WORK REQUEST: Search the material for the word "current" and report each line where it turns up.

DATASET RECORDS:
-- ===== src/Vm/Step.antt =====
-- vm.c: setup_for_eval and the instructions of state_eval.
use mathlib.Core.List.{reverse}
use calx.Base.{
  ℕ, zero, suc, ◌+◌, ◌-◌, ◌*◌, ◌^◌, Bool, not, Option, none, some, List, [], ◌∷◌, ◌++◌, get_elem?,
  set, length, take, drop, replicate, ltb, ◌==◌, if◌then◌else◌,
}
use calx.Number.Deci.{Deci}
use calx.Number.Defs.{Number}
use calx.Number.Fancy.Spans.{SpanOps}
use calx.Vm.Aop.{perform_aop, perform_cmp_3way, perform_neg}
use calx.Vm.Call.{do_call, do_return}
use calx.Vm.Elements.{
  perform_len, get_elem_at, get_elem_ptr_at, check_dict_keys, dict_new_steal, read_place,
  write_place,
}
use calx.Vm.State.{
  Opcode, op_load_const, op_load_local, op_load_at, op_load_global, op_store_local, op_store_at,
  op_store_global, op_modify_local, op_modify_at, op_modify_global, op_print, op_return, op_jump,
  op_jump_unless, op_call, op_function, op_neg, op_not, op_aop, op_cmp_2way, op_cmp_3way, op_list,
  op_dict, op_len, State, RuntimeInfo, CallSite, Shape, list_object, dict_object, func_object,
  alloc, found, func_at, func_shape, current, fetch, global_value, local_place,
}
use calx.Vm.Values.{
  Value, flag, nil, list, dict, func, values_equal, same_flag, value_is_truthy, functions_with_args,
  Message, Perform, result, failed, stuck, ◌>>=◌,
}
use calx.Xht.Defs.{xht_new}

-- What a step leads to. An error comes with the state and the stacks at that moment, which
-- the stack trace reads.
pub data Outcome : Type 0 where
  running : State → RuntimeInfo → Outcome
  finished : State → Value → Outcome
  thrown : Message → State → RuntimeInfo → Outcome
  undefined : Outcome

-- a prepared error is thrown with what is left of the value stack
unfoldable pub or_throw {ℓ} :
    {A : Type ℓ} → State → RuntimeInfo → Perform A → (A → Outcome) → Outcome
or_throw state rti (result a) f = f a
or_throw state rti (failed m) f = thrown m state rti
or_throw state rti stuck f = undefined

-- ip += (int32_t) c
unfoldable pub jump : ℕ → ℕ → ℕ
jump ip c = if ltb c (2 ^ 31) then ip + c else ip - (2 ^ 32 - c)

-- the next instruction, with this value stack
unfoldable pub next : State → RuntimeInfo → List Value → Outcome
next state rti vs = running state (record rti { vs = vs; ip = rti.ip + 1 })

unfoldable pub popped : RuntimeInfo → List Value → RuntimeInfo
popped rti vs = record rti { vs = vs }

unfoldable pub after_return : State → RuntimeInfo → Option ℕ → Outcome
after_return state rti (some call_ip) = running state (record rti { ip = call_ip + 1 })
after_return state rti none = elim rti.vs [ v ∷ [] ↦ finished state v | _ ↦ undefined ]

-- The function stands at the bottom of the value stack, with its locals above it. The site has no
-- instruction, constants and locals to go back to.
unfoldable pub initial : ℕ → ℕ × ℕ → Shape → RuntimeInfo
initial callee f shape =
    let site : CallSite = record {
      call_ip = none;
      callee = callee;
      prev_consts = 0;
      prev_locals_offset = 0;
    } in
    record {
      vs = replicate shape.nlocals nil ++ func callee ∷ [];
      cs = site ∷ [];
      ip = f.1 + 1;
      locals = 1;
      consts = f.0;
    }

unfoldable pub setup_for_eval : State → ℕ → Perform RuntimeInfo
unfolding func_shape func_at initial
setup_for_eval state callee = do
  f ← func_at state callee
  shape ← func_shape state callee
  (if shape.nargs_encoded == 0 then result (initial callee f shape) else failed functions_with_args)

module _ (d : Deci) (x : SpanOps) (same : Number → Number → Bool)
    (natives : ℕ → State → List Value → State × Perform Value) where
  -- one instruction, by its opcode
  unfoldable pub execute : State → RuntimeInfo → ℕ → ℕ → Opcode → List Value → Outcome
  unfolding or_throw next popped jump after_return
  execute state rti a c op_load_const vs =
      or_throw state rti (found (get_elem? state.chunks rti.consts)) (λ chunk.
        or_throw state rti (found (get_elem? chunk.consts c)) (λ v. next state rti (v ∷ vs)))
  execute state rti a c op_load_local vs =
      or_throw state rti (local_place rti c)
        (λ i. or_throw state rti (found (get_elem? vs i)) (λ v. next state rti (v ∷ vs)))
  execute state rti a c op_load_global vs =
      or_throw state rti (global_value state c) (λ v. next state rti (v ∷ vs))
  execute state rti a c op_load_at (i ∷ e ∷ vs) =
      or_throw state (popped rti vs) (get_elem_at d state e i) (λ v. next state rti (v ∷ vs))
  execute state rti a c (op_aop aop) (v ∷ w ∷ vs) =
      or_throw state (popped rti vs) (perform_aop d x same state.ntp aop w v)
        (λ r. next state rti (r ∷ vs))
  execute state rti a c op_cmp_2way (v ∷ w ∷ vs) =
      next state rti (flag (same_flag (values_equal d w v) (not (a == 0))) ∷ vs)
  execute state rti a c op_cmp_3way (v ∷ w ∷ vs) =
      or_throw state (popped rti vs) (perform_cmp_3way d w v a) (λ r. next state rti (r ∷ vs))
  execute state rti a c op_jump vs = running state (record rti { ip = jump rti.ip c })
  execute state rti a c op_jump_unless (v ∷ vs) =
      running state
        (record rti { vs = vs; ip = if value_is_truthy v then rti.ip + 1 else jump rti.ip c })
  execute state rti a c op_return vs =
      or_throw state rti (do_return state rti) (λ r. after_return state r.0 r.1)
  execute state rti a c op_call vs =
      let r = do_call natives state rti (not (a == 0)) c in
      or_throw r.0 rti r.1 (λ rti'. next r.0 rti' rti'.vs)
  execute state rti a c op_not (v ∷ vs) = next state rti (flag (not (value_is_truthy v)) ∷ vs)
  execute state rti a c op_len (v ∷ vs) =
      or_throw state (popped rti vs) (perform_len d state v) (λ r. next state rti (r ∷ vs))
  execute state rti a c op_store_local (v ∷ vs) =
      or_throw state rti (local_place (popped rti vs) c) (λ i. next state rti (set vs i v))
  execute state rti a c op_store_global (v ∷ vs) =
      next (record state { globals = set state.globals c (some v) }) rti vs
  execute state rti a c op_store_at (v ∷ i ∷ e ∷ vs) =
      or_throw state (popped rti vs) (get_elem_ptr_at d state e i)
        (λ p. or_throw p.0 (popped rti vs) (write_place p.0 p.1 v) (λ s. next s rti vs))
  execute state rti a c (op_modify_local aop) (v ∷ vs) =
      or_throw state rti (local_place (popped rti vs) c) (λ i.
        or_throw state rti (found (get_elem? vs i)) (λ w.
          or_throw state (popped rti vs) (perform_aop d x same state.ntp aop w v)
            (λ r. next state rti (set vs i r))))
  execute state rti a c (op_modify_global aop) (v ∷ vs) =
      or_throw state rti (global_value state c) (λ w.
        or_throw state (popped rti vs) (perform_aop d x same state.ntp aop w v)
          (λ r. next (record state { globals = set state.globals c (some r) }) rti vs))
  execute state rti a c (op_modify_at aop) (v ∷ i ∷ e ∷ vs) =
      or_throw state (popped rti vs) (get_elem_ptr_at d state e i) (λ p.
        or_throw p.0 (popped rti vs) (read_place p.0 p.1) (λ w.
          or_throw p.0 (popped rti vs) (perform_aop d x same state.ntp aop w v)
            (λ r. or_throw p.0 (popped rti vs) (write_place p.0 p.1 r) (λ s. next s rti vs))))
  execute state rti a c op_print (v ∷ vs) =
      next (record state { printed = v ∷ state.printed }) rti vs
  execute state rti a c op_function vs = or_throw state rti (current rti >>= func_at state) (λ f.
      or_throw state rti (found (get_elem? state.chunks f.0)) (λ chunk.
        or_throw state rti (found (get_elem? chunk.shapes c)) (λ shape.
          let (s, p) = alloc state (func_object f.0 rti.ip) in
          running s (record rti { vs = func p ∷ vs; ip = rti.ip + shape.offset }))))
  execute state rti a c op_neg (v ∷ vs) =
      or_throw state (popped rti vs) (perform_neg d v) (λ r. next state rti (r ∷ vs))
  execute state rti a c op_dict vs =
      if ltb (length vs) (c * 2)
      then undefined
      else or_throw state rti (check_dict_keys (reverse (take (c * 2) vs))) (λ t.
        let (s, p) =
          alloc state (dict_object (dict_new_steal (xht_new 0) (reverse (take (c * 2) vs)))) in
        next s rti (dict p ∷ drop (c * 2) vs))
  execute state rti a c op_list vs =
      let (s, p) = alloc state (list_object (reverse (take c vs))) in
      if ltb (length vs) c then undefined else next s rti (list p ∷ drop c vs)
  execute state rti a c _ vs = undefined

  unfoldable pub step : State → RuntimeInfo → Outcome
  unfolding execute
  step state rti =
      or_throw state rti (fetch state rti)
        (λ instr. execute state rti instr.a instr.c instr.opcode rti.vs)

  -- the steps of state_eval, a given number of them at most
  unfoldable pub run : ℕ → State → RuntimeInfo → Outcome
  unfolding step
  run zero state rti = running state rti
  run (suc n) state rti = elim (step state rti) [ running s r ↦ run n s r | o ↦ o ]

WRITTEN ANSWER:
  alloc, found, func_at, func_shape, current, fetch, global_value, local_place,
  execute state rti a c op_function vs = or_throw state rti (current rti >>= func_at state) (λ f.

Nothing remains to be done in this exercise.